ACTION ITEM:
Write out exactly the lines below that run from the one containing "shown_address (some v)" through the one containing "-- The fallback: the", both included, with no other lines.
[SOURCE DATA Boundary: Start]
-- ===== src/Incus/Values.antt =====
-- incus.py: how the client takes apart what `json.loads` has returned of a listing. A value of another
use derico_sandbox.Errors.{◌>>=◌}
-- type than the code expects raises what Python raises there.
use derico_sandbox.Config.Load.{str_of}
use derico_sandbox.Errors.{Result, attribute_error, crash, err, ok, type_error}
use derico_sandbox.Json.{Value, arr, bool, fields, int, items, null, obj, real, text}
use derico_sandbox.Platform.{Platform}
use derico_sandbox.Prelude.{
  Bool, List, Option, String, [], false, if◌then◌else◌, is_empty, map, nat_Eq, none, not, some,
  string_Eq, true, zero, ◌==◌, ◌∷◌,
}
use derico_sandbox.Prelude.Dict.{Dict, get, keys}
use derico_sandbox.Prelude.Int.{pos, ℤ}
use derico_sandbox.Prelude.Text.{single, starts_with}
use derico_sandbox.System.{System}

abbrev characters : String → List String
characters String.[] = []
characters (String.◌∷◌ c s) = single c ∷ characters s

-- `for x in value`
unfoldable pub elements : Value → Result (List Value)
elements (arr vs) = ok (items vs)
elements (obj fs) = ok (map text (keys (fields fs)))
elements (text s) = ok (map text (characters s))
elements _ = err (crash type_error)

-- `value.get`, which only a dictionary has
unfoldable pub dict_of : Value → Result (Dict String Value)
dict_of (obj fs) = ok (fields fs)
dict_of _ = err (crash attribute_error)

-- `value == text`
abbrev pub is_text : String → Option Value → Bool
is_text s (some (text t)) = t == s
is_text s _ = false

abbrev nonzero_int : ℤ → Bool
nonzero_int (pos zero) = false
nonzero_int _ = true

-- `bool(value)`
unfoldable pub truthy : System → Value → Bool
truthy system null = false
truthy system (bool b) = b
truthy system (int z) = nonzero_int z
truthy system (real r) = system.is_nonzero r
truthy system (text s) = not (s == "")
truthy system (obj fs) = not (is_empty (fields fs))
truthy system (arr vs) = not (is_empty (items vs))

-- `(value or {})`, of which an attribute of a dictionary is taken
unfoldable pub or_empty : System → Option Value → Result (Dict String Value)
or_empty system none = ok []
or_empty system (some v) = if truthy system v then dict_of v else ok []

-- `next((entry for entry in entries if entry.get("name") == name), None)`
unfoldable pub find_named : String → List Value → Result (Option (Dict String Value))
find_named wanted [] = ok none
find_named wanted (v ∷ vs) =
    let rest = find_named wanted vs in
    dict_of v >>= λ entry. if is_text wanted (get entry "name") then ok (some entry) else rest

abbrev name_of : Option Value → Option String
name_of (some (text s)) = some s
name_of _ = none

abbrev pub shown_name : Platform → Option Value → String
shown_name platform none = ""
shown_name platform (some v) = str_of platform v

-- `{project.get("name") for project in projects}`, with every name that is not a text as `none`
unfoldable pub names_of : List Value → Result (List (Option String))
names_of [] = ok []
names_of (v ∷ vs) = do entry ← dict_of v; rest ← names_of vs; ok (name_of (get entry "name") ∷ rest)

-- The records of `list_instances`: dictionaries whose name has the prefix.
unfoldable pub named_records : Platform → String → List Value → List (Dict String Value)
named_records platform prefix [] = []
named_records platform prefix (obj fs ∷ vs) =
    let rest = named_records platform prefix vs in
    if starts_with (shown_name platform (get (fields fs) "name")) prefix
    then fields fs ∷ rest
    else rest
named_records platform prefix (_ ∷ vs) = named_records platform prefix vs
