-- ===== src/Incus/Address.antt =====
-- incus.py: `guest_ip`, the address that the VM holds on the bridge.
use derico_sandbox.Config.Load.{str_of}
use derico_sandbox.Incus.Values.{dict_of, elements, is_text, or_empty, truthy}
use derico_sandbox.Json.{Value, fields, obj}
use derico_sandbox.Platform.{Platform}
use derico_sandbox.Prelude.{
  Bool, List, Option, String, [], any, if◌then◌else◌, nat_Eq, none, some, string_Eq, ◌&&◌, ◌==◌,
  ◌||◌, ◌∷◌,
}
use derico_sandbox.Prelude.Dict.{Dict, get}
use derico_sandbox.Prelude.Sort.{sorted}
use derico_sandbox.Prelude.Text.{starts_with, str_le}
use derico_sandbox.Errors.{◌>>=◌, Result, ok}
use derico_sandbox.System.{System}

abbrev is_global_inet : Dict String Value → Bool
is_global_inet address =
    is_text "inet" (get address "family") && is_text "global" (get address "scope")

-- The loop of `_global_ipv4`.
unfoldable pub first_global : List Value → Result (Option Value)
first_global [] = ok none
first_global (v ∷ vs) =
    let rest = first_global vs in
    dict_of v >>= λ address. if is_global_inet address then ok (get address "address") else rest

-- `.get("addresses", [])`, which is iterated
unfoldable pub addresses_field : Option Value → Result (List Value)
addresses_field none = ok []
addresses_field (some v) = elements v

-- `name.startswith(GUEST_LOCAL_INTERFACES)`, or loopback
unfoldable pub is_guest_local : String → Bool
is_guest_local name =
    name == "lo"
    || any (starts_with name) ("docker" ∷ "br-" ∷ "veth" ∷ "virbr" ∷ "cni" ∷ "flannel" ∷ [])

abbrev shown_field : Platform → Option Value → String
shown_field platform none = ""
shown_field platform (some v) = str_of platform v

abbrev as_dict : Option Value → Option (Dict String Value)
as_dict (some (obj fs)) = some (fields fs)
as_dict _ = none

abbrev or_others : Result (Option String) → Option String → Result (Option String)
or_others others none = others
or_others others (some address) = ok (some address)

module _ (system : System) where
  -- The text of an address, where it is not false.
  unfoldable pub shown_address : Option Value → Option String
  shown_address none = none
  shown_address (some v) = if truthy system v then some (str_of system.platform v) else none

  -- `_global_ipv4`
  unfoldable pub global_ipv4 : Value → Result (Option String)
  global_ipv4 interface = do
    d ← or_empty system (some interface)
    addresses ← addresses_field (get d "addresses")
    address ← first_global addresses
    ok (shown_address address)

  -- The interface with the MAC of the NIC.
  unfoldable pub interface_with : String → Dict String Value → Result (Option Value)
  interface_with wanted [] = ok none
  interface_with wanted ((name, interface) ∷ rest) =
      let others = interface_with wanted rest in
      or_empty system (some interface) >>= λ d.
      if system.lower (shown_field system.platform (get d "hwaddr")) == wanted
      then ok (some interface)
      else others

  -- The fallback: the first interface, by name, that has an address and is not the guest's own.
  unfoldable pub first_address : Dict String Value → Result (Option String)
  first_address [] = ok none
  first_address ((name, interface) ∷ rest) =
      let others = first_address rest in
      let own = global_ipv4 interface >>= λ address. or_others others address in
      if is_guest_local name then others else own

  abbrev found_address : Result (Option String) → Option Value → Result (Option String)
  found_address fallback none = fallback
  found_address fallback (some interface) = global_ipv4 interface

  unfoldable pub address_among : String → Dict String Value → Result (Option String)
  address_among wanted interfaces =
      let fallback = first_address (sorted (λ (a b : String × Value). str_le a.0 b.0) interfaces) in
      let matched = interface_with wanted interfaces >>= λ found. found_address fallback found in
      if wanted == "" then fallback else matched

  -- `(record.get("state") or {}).get("network")`, if it is a dictionary
  unfoldable pub interfaces_of : Dict String Value → Result (Option (Dict String Value))
  interfaces_of entry = do
    state ← or_empty system (get entry "state")
    ok (as_dict (get state "network"))

  unfoldable pub interfaces_in : Option (Dict String Value) → Result (Option (Dict String Value))
  interfaces_in none = ok none
  interfaces_in (some entry) = interfaces_of entry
[SOURCE DATA Boundary: End]
REPLY TO THE TASK:
  shown_address (some v) = if truthy system v then some (str_of system.platform v) else none

  -- `_global_ipv4`
  unfoldable pub global_ipv4 : Value → Result (Option String)
  global_ipv4 interface = do
    d ← or_empty system (some interface)
    addresses ← addresses_field (get d "addresses")
    address ← first_global addresses
    ok (shown_address address)

  -- The interface with the MAC of the NIC.
  unfoldable pub interface_with : String → Dict String Value → Result (Option Value)
  interface_with wanted [] = ok none
  interface_with wanted ((name, interface) ∷ rest) =
      let others = interface_with wanted rest in
      or_empty system (some interface) >>= λ d.
      if system.lower (shown_field system.platform (get d "hwaddr")) == wanted
      then ok (some interface)
      else others

  -- The fallback: the first interface, by name, that has an address and is not the guest's own.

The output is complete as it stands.